The MODECLUS Procedure

Example 64.5 Using the TRACE Option When METHOD=6

To illustrate how the TRACE option can help you to understand the clustering process when METHOD=6 is specified, the following data set is created with 12 observations:

data test;
   input x @@;
   datalines;
1 2 3 4 5 7.5 9 11.5 13 14.5 15 16
;

The first five observations seem to be close to each other, and the last five observations seem to be close to each other. Observation 6 is separated from the first five observations with a (Euclidean) distance of 2.5, and the same distance separates observation 7 from the last five observations. Observations 6 and 7 differ by 1.5.

Suppose METHOD=6 with a radius of 2.5 is chosen for the cluster analysis. You can specify the TRACE option to understand how each observation is assigned.

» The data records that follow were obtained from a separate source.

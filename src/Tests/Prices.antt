-- ===== src/Tests/Prices.antt =====
-- Prices of milk, meat and a spice, and the history of one product.
use prislapp.Prelude.{
  All, List, Option, [], false, filter, map, none, refl, some, true, ℕ, ◌∷◌, ◌≡◌,
}
use prislapp.ListCopy.{product}
use prislapp.Prelude.Arithmetic.{decimal_le, digit_count, divide, half_even, multiply, to_context}
use prislapp.Prelude.Decimal.{Decimal, quantize}
use prislapp.Prelude.Sort.{sort_by}
use prislapp.Prelude.Table.{Distinct}
use prislapp.Prelude.Text.{Text}
use prislapp.Prices.History.{
  Lowest, Observation, age_label, apply_price_basis, historical_lowest, old, older, option_code,
  rankable, ranked, recent,
}
use prislapp.Prices.History.Basis.{IsBased, apply_price_basis-IsBased}
use prislapp.Prices.History.Minimum.{IsLowest, historical_lowest-IsLowest}
use prislapp.Prices.Latest.{StoreLatest, latest_per_store, resolved_latest}
use prislapp.Prices.Latest.Resolved.{IsLatest, resolved_latest-IsLatest}
use prislapp.Prices.Latest.Stores.{HasEntry, latest_per_store-All}
use prislapp.Prices.Money.{computed, per_package_price, per_quantity_price, value_error}
use prislapp.Prices.Pricing.{
  PriceBasis, PricingLine, PricingResult, evaluate_line, identity_confirmed, no_condition, per_kg,
  per_package, standardized_quantity_price, to_date, to_datetime,
}
use prislapp.Prices.Qualification.{Decided, evaluate_line-Decided, qualifies}
use prislapp.Prices.Raising.{standardized_quantity_price-value_error}
use prislapp.Units.{each, g, kg, normalize_quantity, unknown}

abbrev nok : Text
nok = 78 ∷ 79 ∷ 75 ∷ []

abbrev amount : ℕ → ℕ → Decimal
amount digits places = record { negative = false; digits = digits; places = places }

-- 500 grams of meat for 149.90.
abbrev meat : PricingLine
meat = record {
  line_type = product;
  currency = some nok;
  quantity = some (amount 500 0);
  quantity_unit = g;
  package_count = none;
  net_line_total = some (amount 14990 2);
  printed_unit_price = none;
  condition = no_condition;
  user_product_id = some 7;
  identity_status = some identity_confirmed;
  date_precision = to_date;
  pack_content = none;
  pack_unit = unknown;
}

abbrev meat_result : PricingResult
meat_result = record {
  eligible = true;
  comparison_price = some (amount 299800000 6);
  price_basis = per_kg;
  exclusion_reasons = [];
  eligible_for_dated_ranking = true;
}

meat_priced : evaluate_line meat ≡ computed meat_result
unfolding evaluate_line normalize_quantity multiply per_quantity_price divide to_context digit_count
    half_even quantize
meat_priced = refl

evaluate_line-Decided_example : Decided meat (qualifies meat) meat_result
evaluate_line-Decided_example = evaluate_line-Decided meat meat_priced

-- Half a kilo, weighed in grams.
half_kilo : normalize_quantity (amount 500 0) g ≡ some (amount 500 3, kg)
unfolding normalize_quantity multiply to_context digit_count quantize
half_kilo = refl

-- A third of a krone is rounded to six places, and a half away from zero.
thirds : per_quantity_price (amount 1 0) (amount 3 0) ≡ computed (amount 333333 6)
unfolding per_quantity_price divide to_context digit_count half_even quantize
thirds = refl

half : per_package_price (amount 1 6) (amount 2 0) ≡ computed (amount 1 6)
unfolding per_package_price divide to_context digit_count half_even quantize
half = refl

-- A pack of 0.4 grams.
abbrev saffron : PricingLine
saffron = record meat {
  quantity = some (amount 1 0);
  quantity_unit = each;
  pack_content = some (amount 4 1);
  pack_unit = g;
}

standardized_quantity_price-value_error_example : standardized_quantity_price saffron ≡ value_error
unfolding normalize_quantity multiply to_context digit_count quantize
standardized_quantity_price-value_error_example =
    standardized_quantity_price-value_error saffron refl refl refl refl refl refl refl refl

abbrev bought : ℕ → ℕ → ℕ → Option ℕ → ℕ → PriceBasis → Observation
bought id price day time store basis = record {
  row_id = id;
  price = some (amount price 2);
  price_basis = basis;
  purchase_date = some day;
  date_precision = to_datetime;
  purchase_time = time;
  store_id = some store;
  store_name = some (65 ∷ store ∷ []);
  is_branch = true;
  condition = no_condition;
  source = record { receipt_id = id; revision_id = id; revision = 1; line_id = id };
  reasons = [];
}

-- Two stores share the lowest price, and the first has it twice.
abbrev history : List Observation
history =
    bought 1 2990 100 (some 8) 1 per_package
    ∷ bought 2 1990 90 (some 8) 1 per_package
    ∷ bought 3 1990 95 none 2 per_package
    ∷ bought 4 1990 80 none 1 per_package
    ∷ bought 5 2490 100 (some 9) 1 per_package
    ∷ bought 6 100 100 none 2 per_kg
    ∷ []

abbrev packs : List Observation
packs = (apply_price_basis history).1

abbrev lowest_pack : Lowest
lowest_pack = record {
  lowest = bought 2 1990 90 (some 8) 1 per_package;
  primary = bought 4 1990 80 none 1 per_package;
  tied = bought 4 1990 80 none 1 per_package ∷ bought 3 1990 95 none 2 per_package ∷ [];
}

apply_price_basis-IsBased_example : IsBased history (apply_price_basis history)
apply_price_basis-IsBased_example = apply_price_basis-IsBased history

based_on_packs : map ranked packs ≡ true ∷ true ∷ true ∷ true ∷ true ∷ false ∷ []
unfolding apply_price_basis
based_on_packs = refl

lowest_of_packs : historical_lowest packs ≡ some lowest_pack
unfolding historical_lowest apply_price_basis sort_by decimal_le
lowest_of_packs = refl

historical_lowest-IsLowest_example : IsLowest (filter rankable packs) lowest_pack
historical_lowest-IsLowest_example = historical_lowest-IsLowest packs lowest_of_packs

abbrev today : List Observation
today = bought 1 2990 100 (some 8) 1 per_package ∷ bought 5 2490 100 (some 9) 1 per_package ∷ []

resolved_latest-IsLatest_example : IsLatest today (bought 5 2490 100 (some 9) 1 per_package)
unfolding resolved_latest decimal_le
resolved_latest-IsLatest_example = resolved_latest-IsLatest today refl

latest_per_store-All_example :
    (result : List StoreLatest) × (latest_per_store (λ name. name) packs ≡ some result)
    × Distinct (λ latest. option_code latest.store_id) result
    × All (HasEntry result) (filter rankable packs)
latest_per_store-All_example = latest_per_store-All (λ name. name) packs

-- Without a time the order of the day is unknown.
unresolved :
    resolved_latest
      (bought 1 2990 100 none 1 per_package ∷ bought 5 2490 100 (some 9) 1 per_package ∷ [])
    ≡ none
unfolding resolved_latest decimal_le
unresolved = refl

ages :
    map (λ day. age_label (some day) 200) (170 ∷ 169 ∷ 110 ∷ 109 ∷ [])
    ≡ some recent ∷ some older ∷ some older ∷ some old ∷ []
unfolding age_label
ages = refl
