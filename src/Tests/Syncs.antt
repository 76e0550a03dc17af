-- ===== src/Tests/Syncs.antt =====
-- `sync` of backend/app/services/shopping_list_service.py after one line was added.
use prislapp.Prelude.{
  In, List, [], ap, arith, false, inl, inr, map, none, refl, some, true, ℕ, ◌∷◌, ◌≡◌,
}
use prislapp.ShoppingList.Exec.{id_or_fresh, ok, ◌>>=◌}
use prislapp.ShoppingList.Items.{create_item_handler}
use prislapp.ShoppingList.Model.{CursorPayload, ShoppingListItem}
use prislapp.ShoppingList.Mutations.{handle, single}
use prislapp.ShoppingList.Mutations.Soundness.{Sound, single-Sound}
use prislapp.ShoppingList.Queries.{
  assert_free_item_id, assert_owned_product, mutable_list, next_position,
}
use prislapp.ShoppingList.Responses.{item_response}
use prislapp.ShoppingList.Sequence.{insert_item, next_sequence, sequence}
use prislapp.ShoppingList.Sync.{
  SyncMutation, SyncResponse, encode_sync_cursor, expired, parse_sync_cursor, read_changes, sync,
  sync_lists, sync_patch_item,
}
use prislapp.ShoppingList.Sync.Cursors.{
  of_other_account, parse_sync_cursor-encode_sync_cursor, sync-refused,
}
use prislapp.ShoppingList.Sync.Delta.{Delivered, read_changes-Delivered, single-Delivered}
use prislapp.ShoppingList.Sync.Soundness.{sync-Sound}
use prislapp.ShoppingList.Validation.{validated_quantity, validated_reference}
use prislapp.Tests.ShoppingLists.{
  add_milk, after_milk, bread_patch, env, milk, start, start-Inv, start_world,
}
use prislapp.Units.{each}

abbrev milk_line : ShoppingListItem
milk_line = record {
  id = 500;
  user_id = 7;
  list_id = 1;
  user_product_id = none;
  free_text = some milk;
  quantity = record { negative = false; digits = 2000; places = 3 };
  quantity_unit = each;
  checked = false;
  position = 1;
  version = 1;
  sync_seq = 4;
  created_at = 1000;
  updated_at = 1000;
  deleted_at = none;
}

milk_is_new : ¬ In milk_line start.items
milk_is_new (inl e) =
    let same : 10 ≡ 500 = ap (λ (r : ShoppingListItem). r.id) e in omega (arith, same)
milk_is_new (inr i) = i

milk_is_stored : In milk_line after_milk.db.items
unfolding single handle create_item_handler mutable_list validated_reference validated_quantity
    assert_owned_product assert_free_item_id next_sequence insert_item id_or_fresh next_position
    item_response ◌>>=◌
milk_is_stored = inr (inl refl)

single-Delivered_example : Delivered 7 (sequence 7 start) milk_line after_milk.db
single-Delivered_example =
    single-Delivered env 7 77 add_milk start_world milk_line start-Inv milk_is_stored milk_is_new
      refl

-- One tick of the bread, sent without a cursor.
abbrev offline : List SyncMutation
offline = sync_patch_item 90 1 10 (bread_patch 1) ∷ []

sync-Sound_example :
    Sound 7 (sequence 7 start) start (sync env 7 none offline (λ db. db) start_world).1.db
sync-Sound_example = sync-Sound env 7 none offline start_world start-Inv

read_changes-Delivered_example :
    (response : SyncResponse) × (seq : ℕ) × (time : ℕ) × ((read_changes env 7 none
        (λ db. after_milk.db)
        []
        start_world).0
      ≡ ok response)
    × (response.cursor ≡ encode_sync_cursor env 7 seq time)
    × Delivered 7 seq milk_line after_milk.db
read_changes-Delivered_example =
    read_changes-Delivered env 7 none (λ db. after_milk.db) [] start_world milk_line
      (single-Sound env 7 77 add_milk start_world start-Inv).0
      (single-Sound env 7 77 add_milk start_world start-Inv).1 milk_is_stored milk_is_new refl

-- A cursor of account 8.
abbrev foreign_payload : CursorPayload
foreign_payload = record {
  version = 1;
  user_id = 8;
  negative = false;
  sequence = 3;
  issued_at = 900;
}

sync-refused_example :
    ((sync env 7 (some (env.encode_payload foreign_payload)) offline (λ db. db) start_world).1.db
      ≡ start)
    × ((response : SyncResponse) × ((sync env 7
            (some (env.encode_payload foreign_payload))
            offline
            (λ db. db)
            start_world).0
          ≡ ok response)
        × (response.conflicts ≡ map expired offline)
        × (response.full_snapshot ≡ true)
        × (response.lists ≡ sync_lists 7 none start))
sync-refused_example =
    sync-refused env 7 start_world offline (λ db. db)
      (of_other_account foreign_payload (omega arith))

own_cursor_accepted :
    (parse_sync_cursor env 7 (some (encode_sync_cursor env 7 2 900)) start_world).0
    ≡ ok (record { sequence = some 2; replay_allowed = true })
own_cursor_accepted =
    parse_sync_cursor-encode_sync_cursor env 7 start_world 2 900 refl (omega arith)
      (unfold sequence in omega arith)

The following statements produce Output 64.5.1 and Output 64.5.2:

/*-- METHOD=6 with TRACE and THRESHOLD=0.5 (default) --*/
title 'METHOD=6 with TRACE and THRESHOLD=0.5 (default)';

proc modeclus data=test method=6 r=2.5 trace short out=out;
   var x;
run;

title2 'Plot of DENSITY*X=CLUSTER';

proc sgplot data=out;
   scatter y=density x=x / group=cluster datalabel=_obs_;
run;

Output 64.5.1: Partial Output of METHOD=6 with TRACE and Default THRESHOLD=

METHOD=6 with TRACE and THRESHOLD=0.5 (default)

The MODECLUS Procedure
R=2.5 METHOD=6

Trace of Clustering Algorithm
Obs Density Cluster Ratio
Old New
3 0.0833333 -1 1 M
2 0.0666667 0 1 N
4 0.0666667 0 1 N
1 0.0500000 0 1 N
5 0.0666667 0 1 N
6 0.0500000 0 1 0.571
7 0.0500000 -1 1 0.500
9 0.0666667 -1 2 M
8 0.0500000 0 2 N
11 0.0666667 -1 2 S
12 0.0500000 0 2 N
10 0.0666667 -1 2 S

METHOD=6 with TRACE and THRESHOLD=0.5 (default)

The MODECLUS Procedure

Cluster Summary
R Number of
Clusters
Frequency of
Unclassified
Objects
2.5 2 0


Output 64.5.2: Density Plot


Note that in Output 64.5.1, observation 7 is originally a seed (indicated by a value of –1 in the Old column) and then assigned to cluster 1. This is because the ratio of observation 7 to cluster 1 is 0.5 and is not less than the default value of the THRESHOLD= option (0.5).

If the value of the THRESHOLD= option is increased to 0.55, observation 7 should be excluded from cluster 1 and the cluster membership of observation 7 is changed.

The following statements produce Output 64.5.3 and Output 64.5.4:

/*-- METHOD=6 with TRACE and THRESHOLD=0.55 --*/
title 'METHOD=6 with TRACE and THRESHOLD=0.55';

proc modeclus data=test method=6 r=2.5 trace threshold=0.55 short out=out;
   var x;
run;

title2 'Plot of DENSITY*X=CLUSTER with TRACE and THRESHOLD=0.55';

proc sgplot data=out;
   scatter y=density x=x / group=cluster datalabel=_obs_;
run;

Output 64.5.3: Partial Output of METHOD=6 with TRACE and THRESHOLD=.55

METHOD=6 with TRACE and THRESHOLD=0.55

The MODECLUS Procedure
R=2.5 METHOD=6

Trace of Clustering Algorithm
Obs Density Cluster Ratio
Old New
3 0.0833333 -1 1 M
2 0.0666667 0 1 N
4 0.0666667 0 1 N
1 0.0500000 0 1 N
5 0.0666667 0 1 N
6 0.0500000 0 1 0.571
9 0.0666667 -1 2 M
8 0.0500000 0 2 N
11 0.0666667 -1 2 S
12 0.0500000 0 2 N
10 0.0666667 -1 2 S
7 0.0500000 -1 2 S

METHOD=6 with TRACE and THRESHOLD=0.55

The MODECLUS Procedure

Cluster Summary
R Number of
Clusters
Frequency of
Unclassified
Objects
2.5 2 0


Output 64.5.4: Density Plot


In Output 64.5.3, observation 7 is a seed that is excluded by cluster 1 because its ratio to cluster 1 is less than 0.55. Being a neighbor of a member (observation 8) of cluster 2, observation 7 eventually joins cluster 2 even though it remains a SEED. (See Step 2.2 in the section METHOD=6.)